Begin with the line containing "(update app rules 7 echo 1 none 4000 ended_site).0" and copy each line exactly through the last line of the entries, inclusive.

[Stored data]
• • • • • • •

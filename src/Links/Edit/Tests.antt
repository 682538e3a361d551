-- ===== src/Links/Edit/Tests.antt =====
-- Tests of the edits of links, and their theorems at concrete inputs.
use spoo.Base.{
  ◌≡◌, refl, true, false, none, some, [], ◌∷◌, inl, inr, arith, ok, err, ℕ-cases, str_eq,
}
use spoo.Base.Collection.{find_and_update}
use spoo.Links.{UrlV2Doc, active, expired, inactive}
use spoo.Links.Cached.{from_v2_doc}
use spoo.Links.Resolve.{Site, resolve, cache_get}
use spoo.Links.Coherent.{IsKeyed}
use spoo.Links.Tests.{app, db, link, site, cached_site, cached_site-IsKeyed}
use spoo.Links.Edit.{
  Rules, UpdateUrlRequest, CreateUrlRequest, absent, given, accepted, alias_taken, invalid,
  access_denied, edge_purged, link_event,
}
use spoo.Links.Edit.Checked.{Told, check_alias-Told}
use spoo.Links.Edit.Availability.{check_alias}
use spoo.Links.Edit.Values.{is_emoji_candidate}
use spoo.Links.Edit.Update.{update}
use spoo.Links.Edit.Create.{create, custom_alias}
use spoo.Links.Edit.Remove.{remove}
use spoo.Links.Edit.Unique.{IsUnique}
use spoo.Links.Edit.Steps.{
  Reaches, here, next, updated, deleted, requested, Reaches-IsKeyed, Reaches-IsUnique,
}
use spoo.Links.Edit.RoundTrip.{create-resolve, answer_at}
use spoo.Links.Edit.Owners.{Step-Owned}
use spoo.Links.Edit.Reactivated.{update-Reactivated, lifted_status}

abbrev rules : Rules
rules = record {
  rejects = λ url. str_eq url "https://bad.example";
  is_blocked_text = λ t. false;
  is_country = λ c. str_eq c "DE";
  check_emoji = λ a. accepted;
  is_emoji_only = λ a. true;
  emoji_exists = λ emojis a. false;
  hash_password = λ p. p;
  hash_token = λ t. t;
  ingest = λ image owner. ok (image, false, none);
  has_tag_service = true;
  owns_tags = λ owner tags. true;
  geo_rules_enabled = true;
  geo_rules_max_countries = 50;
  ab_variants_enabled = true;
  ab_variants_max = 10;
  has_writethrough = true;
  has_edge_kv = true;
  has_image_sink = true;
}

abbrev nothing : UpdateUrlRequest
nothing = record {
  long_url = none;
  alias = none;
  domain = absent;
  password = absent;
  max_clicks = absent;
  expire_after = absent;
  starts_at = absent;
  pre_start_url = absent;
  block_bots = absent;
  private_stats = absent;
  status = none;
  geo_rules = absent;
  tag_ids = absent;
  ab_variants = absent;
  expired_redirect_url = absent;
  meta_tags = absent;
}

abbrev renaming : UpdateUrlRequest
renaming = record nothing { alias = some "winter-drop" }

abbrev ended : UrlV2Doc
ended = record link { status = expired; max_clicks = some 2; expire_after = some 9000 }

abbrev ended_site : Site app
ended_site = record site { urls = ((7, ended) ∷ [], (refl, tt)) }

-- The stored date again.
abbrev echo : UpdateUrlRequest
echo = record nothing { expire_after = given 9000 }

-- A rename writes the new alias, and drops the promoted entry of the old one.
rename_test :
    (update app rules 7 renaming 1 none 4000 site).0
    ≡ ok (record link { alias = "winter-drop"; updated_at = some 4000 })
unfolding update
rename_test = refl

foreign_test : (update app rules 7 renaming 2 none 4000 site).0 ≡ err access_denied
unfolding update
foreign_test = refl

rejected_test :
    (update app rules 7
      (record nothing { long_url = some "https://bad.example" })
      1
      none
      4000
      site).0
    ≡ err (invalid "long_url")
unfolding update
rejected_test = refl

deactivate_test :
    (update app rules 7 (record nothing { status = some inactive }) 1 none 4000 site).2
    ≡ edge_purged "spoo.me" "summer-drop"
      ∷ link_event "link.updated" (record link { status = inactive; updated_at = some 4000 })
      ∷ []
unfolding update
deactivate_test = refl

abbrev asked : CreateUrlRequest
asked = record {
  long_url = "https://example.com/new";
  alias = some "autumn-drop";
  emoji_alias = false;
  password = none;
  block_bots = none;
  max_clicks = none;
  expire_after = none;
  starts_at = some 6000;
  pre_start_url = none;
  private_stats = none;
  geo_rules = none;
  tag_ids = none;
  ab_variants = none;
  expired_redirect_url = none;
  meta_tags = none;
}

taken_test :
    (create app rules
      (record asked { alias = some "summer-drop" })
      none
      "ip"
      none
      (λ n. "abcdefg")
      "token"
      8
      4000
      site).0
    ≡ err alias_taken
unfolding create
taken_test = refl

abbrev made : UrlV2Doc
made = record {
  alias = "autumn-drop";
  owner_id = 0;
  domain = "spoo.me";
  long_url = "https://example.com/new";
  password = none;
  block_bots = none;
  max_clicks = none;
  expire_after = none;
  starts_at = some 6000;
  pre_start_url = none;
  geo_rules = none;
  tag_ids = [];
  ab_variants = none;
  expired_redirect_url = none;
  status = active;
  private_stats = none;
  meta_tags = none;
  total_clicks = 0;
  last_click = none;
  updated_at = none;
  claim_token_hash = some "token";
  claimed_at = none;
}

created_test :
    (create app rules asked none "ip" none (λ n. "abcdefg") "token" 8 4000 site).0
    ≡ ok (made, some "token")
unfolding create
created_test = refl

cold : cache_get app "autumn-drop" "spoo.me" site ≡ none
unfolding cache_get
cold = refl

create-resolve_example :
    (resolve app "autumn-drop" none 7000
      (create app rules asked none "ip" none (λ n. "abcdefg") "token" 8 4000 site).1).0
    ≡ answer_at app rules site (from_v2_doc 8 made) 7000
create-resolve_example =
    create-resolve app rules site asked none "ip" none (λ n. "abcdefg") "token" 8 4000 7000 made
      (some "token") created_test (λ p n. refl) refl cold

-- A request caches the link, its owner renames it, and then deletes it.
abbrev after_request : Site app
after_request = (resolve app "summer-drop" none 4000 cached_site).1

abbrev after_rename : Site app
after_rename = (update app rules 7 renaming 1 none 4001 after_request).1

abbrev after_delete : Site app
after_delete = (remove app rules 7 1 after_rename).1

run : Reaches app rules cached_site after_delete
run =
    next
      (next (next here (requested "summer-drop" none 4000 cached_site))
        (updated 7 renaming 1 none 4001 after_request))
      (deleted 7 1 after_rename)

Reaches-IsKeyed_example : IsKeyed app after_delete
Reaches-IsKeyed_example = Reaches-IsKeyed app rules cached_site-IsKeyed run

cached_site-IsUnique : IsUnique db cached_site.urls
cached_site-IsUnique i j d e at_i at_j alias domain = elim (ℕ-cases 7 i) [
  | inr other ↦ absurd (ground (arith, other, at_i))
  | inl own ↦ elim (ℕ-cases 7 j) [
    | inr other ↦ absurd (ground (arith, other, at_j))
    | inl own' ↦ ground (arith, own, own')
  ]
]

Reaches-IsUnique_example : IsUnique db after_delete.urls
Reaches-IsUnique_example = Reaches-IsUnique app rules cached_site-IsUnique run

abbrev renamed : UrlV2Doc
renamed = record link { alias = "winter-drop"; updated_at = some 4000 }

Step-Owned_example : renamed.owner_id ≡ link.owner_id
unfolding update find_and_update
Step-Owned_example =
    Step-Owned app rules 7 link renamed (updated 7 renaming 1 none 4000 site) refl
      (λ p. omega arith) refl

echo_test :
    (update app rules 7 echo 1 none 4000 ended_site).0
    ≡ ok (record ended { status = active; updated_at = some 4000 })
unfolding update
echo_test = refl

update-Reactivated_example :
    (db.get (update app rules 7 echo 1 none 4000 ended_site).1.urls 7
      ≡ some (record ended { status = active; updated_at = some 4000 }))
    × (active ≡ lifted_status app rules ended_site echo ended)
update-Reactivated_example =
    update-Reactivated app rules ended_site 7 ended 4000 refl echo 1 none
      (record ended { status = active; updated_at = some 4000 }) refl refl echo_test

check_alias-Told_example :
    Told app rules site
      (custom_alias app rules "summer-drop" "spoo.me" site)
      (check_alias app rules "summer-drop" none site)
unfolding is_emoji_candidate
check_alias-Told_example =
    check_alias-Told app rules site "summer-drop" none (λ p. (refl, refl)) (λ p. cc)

• • • • • • •

**The answer**
    (update app rules 7 echo 1 none 4000 ended_site).0
    ≡ ok (record ended { status = active; updated_at = some 4000 })
unfolding update
echo_test = refl

update-Reactivated_example :
    (db.get (update app rules 7 echo 1 none 4000 ended_site).1.urls 7
      ≡ some (record ended { status = active; updated_at = some 4000 }))
    × (active ≡ lifted_status app rules ended_site echo ended)
update-Reactivated_example =
    update-Reactivated app rules ended_site 7 ended 4000 refl echo 1 none
      (record ended { status = active; updated_at = some 4000 }) refl refl echo_test

check_alias-Told_example :
    Told app rules site
      (custom_alias app rules "summer-drop" "spoo.me" site)
      (check_alias app rules "summer-drop" none site)
unfolding is_emoji_candidate
check_alias-Told_example =
    check_alias-Told app rules site "summer-drop" none (λ p. (refl, refl)) (λ p. cc)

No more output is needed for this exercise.